Willing to adjust to the times

Mar. 19—PULLMAN — Tawny Szumlas sat at the bar of Rico's Public House in Pullman sampling a savory pot roast, vegetable and Guiness stout stew, destined to headline the establishment's St. Patrick's Day menu.

The dish, the work of the executive chef, Hunter Yackeren, exceeded her expectations.

"It's hearty fare," said Szumlas, Rico's owner. "It's kind of in the European tradition. It's not super spicy. It's the sort of thing you would eat with the family."

Szumlas' interest and involvement in the menu is an indication of the elevated importance of food in the post-pandemic format of the 114-year-old anchor business of downtown Pullman.

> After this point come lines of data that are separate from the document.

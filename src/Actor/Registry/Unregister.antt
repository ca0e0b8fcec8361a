-- ===== src/Actor/Registry/Unregister.antt =====
-- `sta_registry_unregister`: the entry becomes a tombstone, and the other paths stay.
use smalltalk_a_vm.Prelude.{
  ℕ, suc, ◌+◌, ◌-◌, ◌%◌, ◌^◌, ◌<◌, ◌≡◌, ◌≢◌, refl, sym, ap, ◌∙◌, arith, true, false, ◌||◌, none,
  some, length, set, length-set, ◌==◌, if◌then◌else◌, inl, inr, Bool-cases,
}
use smalltalk_a_vm.Probe.{load, content}
use smalltalk_a_vm.Probe.Invariant.{bury-IsProbed, load-set_same}
use smalltalk_a_vm.Probe.Entries.{live_count, live_count-set}
use smalltalk_a_vm.Probe.Content.{content_elsewhere, content_buried}
use smalltalk_a_vm.Actor.Registry.{
  Entry, Registry, entry_empty, entry_tombstone, entry_at, is_live, unregister, lookup,
}
use smalltalk_a_vm.Actor.Registry.Slot.{slots}
use smalltalk_a_vm.Actor.Registry.Invariant.{
  IsValid, room, actor_in, search_cases, retained-null, sentinel_content,
}
use smalltalk_a_vm.Actor.Registry.Growth.{live-le-load}
use smalltalk_a_vm.Actor.Registry.Answers.{Answers-of_content}

-- The entry at `p` becomes a tombstone.
module _ (reg : Registry) (id p : ℕ) (v : IsValid reg) (inside : p < length reg.entries)
    (not_empty : id ≢ entry_empty) (not_tombstone : id ≢ entry_tombstone)
    (here : (entry_at reg.entries p).actor_id ≡ id) where
  abbrev tombstone : Entry
  tombstone = record { actor_id = entry_tombstone; actor = 0 }

  abbrev buried : Registry
  buried = record reg {
    entries = set reg.entries p tombstone;
    count = (reg.count + 2 ^ 32 - 1) % 2 ^ 32;
  }

  buried_load : load slots buried.entries ≡ load slots reg.entries
  buried_load = load-set_same slots reg.entries p tombstone inside (ground arith) (ground arith)

  buried_count : suc (live_count slots is_live buried.entries) ≡ reg.count
  buried_count =
      ground (arith, live_count-set slots is_live reg.entries p tombstone inside, v.counted)

  buried-IsValid : IsValid buried
  buried-IsValid = record {
    power = v.power;
    sized = length-set reg.entries p tombstone ∙ v.sized;
    probed =
        bury-IsProbed slots reg.entries p tombstone v.probed inside (ground arith)
          (λ k. ground arith);
    counted = omega (arith, buried_count, live-le-load reg.entries);
    loaded = v.loaded ∙ sym buried_load;
    slack = v.slack;
    large = v.large;
    small = v.small;
  }

  buried_gone : content slots buried.entries id ≡ none
  buried_gone =
      content_buried slots reg.entries p tombstone inside id v.probed (ground arith) (ground arith)
        (room buried-IsValid)

  buried_others : (j : ℕ) → j ≢ id → content slots buried.entries j ≡ content slots reg.entries j
  buried_others j ne =
      content_elsewhere slots reg.entries p tombstone inside j v.probed (room v)
        buried-IsValid.probed (room buried-IsValid) (ground arith) (ground arith)

-- Unregistering always ends, keeps the invariant, and removes the id from the map and nothing else.
pub unregister-lookup :
    (reg : Registry) (id : ℕ)
    → IsValid reg
    → (reg' : Registry) × (unregister reg id ≡ some reg')
      × IsValid reg'
      × ((j : ℕ) (refcounts : ℕ → ℕ)
          → lookup reg' refcounts j
            ≡ (if j == id then some (0, refcounts) else lookup reg refcounts j))
unfolding unregister
unregister-lookup reg id v = elim (Bool-cases (id == entry_empty || id == entry_tombstone)) [
  | inl s ↦ (reg, rw s, v, removed reg v (sentinel_content reg id v (ground arith)) (λ j ne. refl))
  | inr s ↦
      let not_empty : id ≢ entry_empty = ground arith in
      let not_tombstone : id ≢ entry_tombstone = ground arith in
      let (p, found, inside, c) = search_cases reg id v not_empty not_tombstone in
      elim c [
        | inr (e, gone) ↦
            let vacant : ((entry_at reg.entries p).actor_id == entry_empty) ≡ true = ground arith in
            (reg, rw (s, found, unregister, vacant), v, removed reg v gone (λ j ne. refl))
        | inl (here, _) ↦
            let taken : ((entry_at reg.entries p).actor_id == entry_empty) ≡ false = ground arith in
            (
              buried reg id p v inside not_empty not_tombstone here,
              rw (s, found, unregister, taken),
              buried-IsValid reg id p v inside not_empty not_tombstone here,
              removed _ (buried-IsValid reg id p v inside not_empty not_tombstone here)
                  (buried_gone reg id p v inside not_empty not_tombstone here)
                  (buried_others reg id p v inside not_empty not_tombstone here),
            )
      ]
]
  where
    removed :
        (reg' : Registry)
        → IsValid reg'
        → content slots reg'.entries id ≡ none
        → ((j : ℕ) → j ≢ id → content slots reg'.entries j ≡ content slots reg.entries j)
        → (j : ℕ) (refcounts : ℕ → ℕ)
        → lookup reg' refcounts j
          ≡ (if j == id then some (0, refcounts) else lookup reg refcounts j)
    removed reg' v' gone other j refcounts =
        Answers-of_content reg reg' id 0 v v' (ap actor_in gone) other j refcounts
        ∙ ap (λ r. if j == id then some (0, r) else lookup reg refcounts j)
            (retained-null refcounts)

Food now accounts for about 60% of its sales while beer, spirits and wine have fallen to about 40%.

Rico's ability to recognize that trend and others driving the wants of its diverse base of customers is the reason it's survived more than a century, often by identifying what seem like unlikely paths to boost profit, she said.

When in-person drinking and dining was banned at bars to prevent the spread of COVID-19, Rico's continued with the parts of its business the rules allowed — takeout and delivery food orders.

Pullman embraced the approach, Szumlas said.

"There are people who went to a different restaurant every night," she said. "There are people that tipped the total. There are people, I don't even know if they liked the food. I don't even know if they ate the food, but they got the food."

It reminded her of what had happened when, as a young adult, she joined her father, Roger Johnson, in the business.

In that iteration, Rico's was a basic, beer-only, friendly spot to tip back a drink and smoke, restricted to those who were 21 years old or older.

Then Washington banned smoking in drinking establishments, leaving a significantly smaller group that frequented Rico's.

"When people stopped coming in to have a beer and a cigarette, they kept coming in for the Reubens," Szumlas said. "That was how we decided to pivot to food, just because we had one thing people liked and we built off of that."

The appeal of Rico's broadened.

"Ladies started coming in and then we opened up to minors and families started coming in," she said.

The Reuben sandwich ($15.95) remains on the menu. Served on rye bread, it's filled with corned beef, Swiss cheese and sauerkraut.

It's been joined by items as varied as a cowboy burger with Tillamook cheddar cheese, onion rings, bacon, ranch and barbecue sauce ($17.95) and hard-boiled Scotch eggs that are wrapped in sausage and fried ($9 for two).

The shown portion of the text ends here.